The Impact of Demonstrations on Multilingual In-Context Learning: A Multidimensional Analysis
Miaoran Zhang, Vagrant Gautam, Mingyang Wang, Jesujoba O. Alabi, Xiaoyu Shen, Dietrich Klakow, Marius Mosbach
TL;DR
This work provides a granular, multidimensional analysis of multilingual in-context learning, showing that demonstrations do not uniformly improve performance across models, tasks, or languages. By evaluating base and chat LLMs on 9 multilingual datasets spanning 56 languages, the study reveals strong instruction-following models are often insensitive to demonstration quality, and that carefully designed templates can largely obviate the need for demonstrations, especially for QA tasks. The findings urge careful, multi-template, and language-specific evaluation when assessing ICL in multilingual settings, and highlight that improvements from demonstrations may be overstated without robust baselines. The work emphasizes the interplay between demonstrations and templates and calls for cautious interpretation of claims about multilingual ICL in practical applications.
Abstract
In-context learning is a popular inference strategy where large language models solve a task using only a few labeled demonstrations without needing any parameter updates. Although there have been extensive studies on English in-context learning, multilingual in-context learning remains under-explored, and we lack an in-depth understanding of the role of demonstrations in this context. To address this gap, we conduct a multidimensional analysis of multilingual in-context learning, experimenting with 5 models from different model families, 9 datasets covering classification and generation tasks, and 56 typologically diverse languages.

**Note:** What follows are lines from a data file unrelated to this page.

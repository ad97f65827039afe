-- ===== src/Order/Tests.antt =====
-- Runs of an order.
use ddd_qce.Order.Moves.{order_replies, after_events, event_of}
use ddd_qce.Common.{Bool, is_some, map, ◌++◌}
use ddd_qce.Common.{ℕ, ◌+◌, ◌*◌, ◌≡◌, refl, List, [], ◌∷◌, some, none}
use ddd_qce.Common.Int.{pos, negsuc, pos_part, add64}
use ddd_qce.Errors.{ok, returns}
use ddd_qce.Aggregate.{
  Aggregate, load_from_history, new_aggregate_root, validate as validate_root, apply_change,
}
use ddd_qce.Order.{
  Float64, OrderItem, OrderState, OrderEvent, when, type_name, new_order, new_order_for_replay,
  validate, validate_items, calculate_total, item_names, apply, order_placed,
}
use ddd_qce.Order.Moves.{
  Status, pending, status_of, OrderCall, confirm_payment_call, ship_call, cancel_call, Reaches,
  order_calls, order_calls-Reaches,
}
use ddd_qce.Order.Rebuild.{reloaded, order_calls-reloaded}

-- Whole amounts stand for float64.
abbrev whole : Float64 ℕ
whole = record { zero = 0; add = λ a b. a + b; mul = λ a b. a * b; of_int = λ n. pos_part n }

abbrev two_mice : List (OrderItem ℕ)
two_mice = record { id = "mouse"; product_name = "Mouse"; price = 30; quantity = pos 2 } ∷ []

abbrev placed : Aggregate (OrderEvent ℕ) (OrderState ℕ)
placed = record {
  root = record {
    id = "o1";
    version = pos 1;
    snapshot_version = negsuc 0;
    uncommitted_events = order_placed "ann" 60 ("Mouse" ∷ []) 6 ∷ [];
  };
  state = record {
    user_id = "ann";
    items = two_mice;
    status = "pending";
    total_amount = 60;
    created_at = some 6;
    paid_at = none;
    shipped_at = none;
    cancelled_at = none;
    cancel_reason = "";
  };
}

new_order-placed : new_order whole "o1" "ann" two_mice 5 6 ≡ ok placed
unfolding new_order validate validate_items validate_root calculate_total item_names apply
    apply_change when new_aggregate_root add64
new_order-placed = refl

-- Paid, shipped, then too late to cancel.
abbrev some_calls : List OrderCall
some_calls = confirm_payment_call 7 ∷ ship_call 8 ∷ cancel_call "late" 9 ∷ []

calls_status : (order_calls placed some_calls).state.status ≡ "shipped"
unfolding order_calls apply_change when apply
calls_status = refl

order_calls-Reaches_example :
    (t : Status) × (taken : List OrderCall) × (rs : List Bool) × Reaches pending some_calls t taken
      rs
    × (map is_some (order_replies placed some_calls) ≡ rs)
    × (order_calls placed some_calls ≡ after_events placed (map event_of taken))
    × ((order_calls placed some_calls).state.status ≡ status_of t)
    × ((order_calls placed some_calls).root.uncommitted_events
        ≡ placed.root.uncommitted_events ++ map event_of taken)
order_calls-Reaches_example = order_calls-Reaches placed some_calls pending refl

order_calls-reloaded_example :
    (start : Aggregate (OrderEvent ℕ) (OrderState ℕ)) × (new_order_for_replay whole "o1"
      ≡ returns start)
    × (load_from_history type_name when start
          (order_calls placed some_calls).root.uncommitted_events
        ≡ (reloaded whole (order_calls placed some_calls), none))
order_calls-reloaded_example =
    order_calls-reloaded whole "o1" "ann" two_mice 5 6 placed some_calls new_order-placed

Our results reveal that the effectiveness of demonstrations varies significantly across models, tasks, and languages. We also find that strong instruction-following models including Llama 2-Chat, GPT-3.5, and GPT-4 are largely insensitive to the quality of demonstrations. Instead, a carefully crafted template often eliminates the benefits of demonstrations for some tasks and languages altogether. These findings show that the importance of demonstrations might be overestimated. Our work highlights the need for granular evaluation across multiple axes towards a better understanding of in-context learning.